- **GOAL OF THE EXERCISE**
How many lines in the records below contain "forbidden"? Reply with the number alone.

--- RECORDS FOR THIS TASK Enclosed Below ---

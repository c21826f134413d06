-- ===== src/Ramps/Initiation.antt =====
-- apps/api/src/ramps/ramps.service.ts: initiating a ramp. What the outside decides is an argument:
-- the clock, the random part of the public id, the provider's answers (Ramps/Provider) and the
-- caller's KYC status.
pub mod Laws
pub mod Gate
use pay_era.Prelude.{
  ℕ, suc, ◌+◌, ◌-◌, ◌*◌, min, max, Bool, true, false, not, ◌&&◌, Option, none, some, List, [], ◌∷◌,
  map, String, Result, ok, err, Action, Exception, bad_request, forbidden, not_found, message, pure,
  raise, lift, or_raise, raise_if, try_catch, gets, ◌>>=◌, ◌>>◌, ◌==◌, str_eq, if◌then◌else◌,
  filter, length, take, drop,
}
use Prim.Native.String
use pay_era.Prelude.Table.{find_first}
use pay_era.Accounts.Store.{KycStatus, kyc_name}
use pay_era.Accounts.Kyc.{truthy}
use pay_era.Ramps.Status.{RampStatus, RampType, is_terminal, same_status}
use pay_era.Ramps.Provider.{InitiateParams, InitiateResult, StatusResult, Provider, Registry, get}
use pay_era.Ramps.Retry.{with_retry}
use pay_era.Ramps.Store.{Ramp, Payload, Store, find_ramp, create_ramp, update_ramp, append_event}

-- `InitiateArgs`
pub record InitiateArgs : Type 0 where
  pub user_id : ℕ
  pub provider_id : String
  pub user_stellar_address : String
  pub amount : Option String
  pub asset_code : Option String

-- What `initiate` returns.
pub record Initiated : Type 0 where
  pub id : String
  pub provider : String
  pub type : RampType
  pub status : RampStatus
  pub interactive_url : Option String
  pub provider_tx_id : Option String

-- The clock, and the random part of the public id.
pub record Ambient : Type 0 where
  pub now : ℕ
  pub nonce : String

abbrev pub is_verified : KycStatus → Bool
is_verified KycStatus.verified = true
is_verified KycStatus.unstarted = false
is_verified KycStatus.pending = false
is_verified KycStatus.rejected = false

infixr 65 ◌<>◌
abbrev pub ◌<>◌ : String → String → String
a <> b = String.◌++◌ a b

-- `assertKycVerified`, with the status that the KYC service reports.
abbrev pub assert_kyc_verified : Result KycStatus → Action Store (Unit {0})
assert_kyc_verified kyc = do
  status ← lift kyc
  raise_if (not (is_verified status)) (
      forbidden
        ("KYC verification required to use fiat ramps (current status: " <> kyc_name status <> ")"))

-- `args.assetCode || 'USDC'`
abbrev pub asset_or_usdc : Option String → String
asset_or_usdc none = "USDC"
asset_or_usdc (some c) = if str_eq c "" then "USDC" else c

abbrev pub prefix : RampType → String
prefix RampType.onramp = "ONRAMP"
prefix RampType.offramp = "OFFRAMP"

abbrev pub new_ramp : RampType → Provider → InitiateArgs → Ambient → ℕ → Ramp
new_ramp type provider args env id = record {
  id = id;
  public_id = prefix type <> "_" <> env.nonce;
  user_id = args.user_id;
  provider = provider.id;
  type = type;
  status = RampStatus.initiated;
  user_stellar_address = args.user_stellar_address;
  asset_code = asset_or_usdc args.asset_code;
  amount_in = args.amount;
  amount_out = none;
  amount_fee = none;
  provider_tx_id = none;
  interactive_url = none;
  reference_number = none;
  stellar_memo = none;
  stellar_memo_type = none;
  anchor_account = none;
  stellar_tx_hash = none;
  failure_code = none;
  failure_message = none;
  created_at = env.now;
  completed_at = none;
  last_polled_at = none;
}

abbrev pub params_of : InitiateArgs → InitiateParams
params_of args = record {
  user_stellar_address = args.user_stellar_address;
  amount = args.amount;
  asset_code = args.asset_code;
}

abbrev pub initiate_call : RampType → Provider → ℕ → String → InitiateParams → Result InitiateResult
initiate_call RampType.onramp provider = provider.initiate_on_ramp
initiate_call RampType.offramp provider = provider.initiate_off_ramp

abbrev pub view : Ramp → Initiated
view r = record {
  id = r.public_id;
  provider = r.provider;
  type = r.type;
  status = r.status;
  interactive_url = r.interactive_url;
  provider_tx_id = r.provider_tx_id;
}

abbrev pub set_initiated : InitiateResult → Ramp → Ramp
set_initiated result r = record r {
  provider_tx_id = some result.provider_tx_id;
  interactive_url = some result.interactive_url;
  status = RampStatus.pending_user_transfer;
}

abbrev pub set_failed : Exception → Ramp → Ramp
set_failed e r = record r {
  status = RampStatus.error;
  failure_code = some "INITIATION_FAILED";
  failure_message = some (message e);
}

-- The body of the `try` in `initiate`.
abbrev pub contact : RampType → Provider → InitiateArgs → ℕ → Action Store Initiated
contact type provider args id = do
  token ← lift (with_retry (λ k. provider.authenticate k args.user_stellar_address) 3).outcome
  result ← lift (with_retry (λ k. initiate_call type provider k token (params_of args)) 3).outcome
  updated ← update_ramp id (set_initiated result)
  append_event id (some RampStatus.pending_user_transfer) "ramp.initiated" "system"
      (Payload.initiated result.provider_tx_id)
  pure (view updated)

-- Its `catch`.
abbrev pub give_up : ℕ → Exception → Action Store Initiated
give_up id e = do
  update_ramp id (set_failed e)
  append_event id (some RampStatus.error) "ramp.initiation_failed" "system"
      (Payload.failed (message e))
  raise e

unfoldable pub initiate : RampType → Provider → InitiateArgs → Ambient → Action Store Initiated
initiate type provider args env = do
  ramp ← create_ramp (new_ramp type provider args env)
  append_event ramp.id (some RampStatus.initiated) "ramp.created" "system"
      (Payload.created type provider.id)
  try_catch (contact type provider args ramp.id) (give_up ramp.id)

unfoldable pub initiate_on_ramp :
    Registry → Result KycStatus → InitiateArgs → Ambient → Action Store Initiated
initiate_on_ramp registry kyc args env = do
  assert_kyc_verified kyc
  provider ← lift (get args.provider_id registry)
  raise_if (not provider.supports_on_ramp)
      (bad_request ("Provider " <> args.provider_id <> " does not support on-ramp"))
  initiate RampType.onramp provider args env

unfoldable pub initiate_off_ramp :
    Registry → Result KycStatus → InitiateArgs → Ambient → Action Store Initiated
initiate_off_ramp registry kyc args env = do
  assert_kyc_verified kyc
  provider ← lift (get args.provider_id registry)
  raise_if (not provider.supports_off_ramp)
      (bad_request ("Provider " <> args.provider_id <> " does not support off-ramp"))
  raise_if (not (truthy args.amount)) (bad_request "Off-ramp requires an amount")
  initiate RampType.offramp provider args env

--- End of Enclosed RECORDS FOR THIS TASK ---

- **SOLUTION TO THIS EXERCISE**
2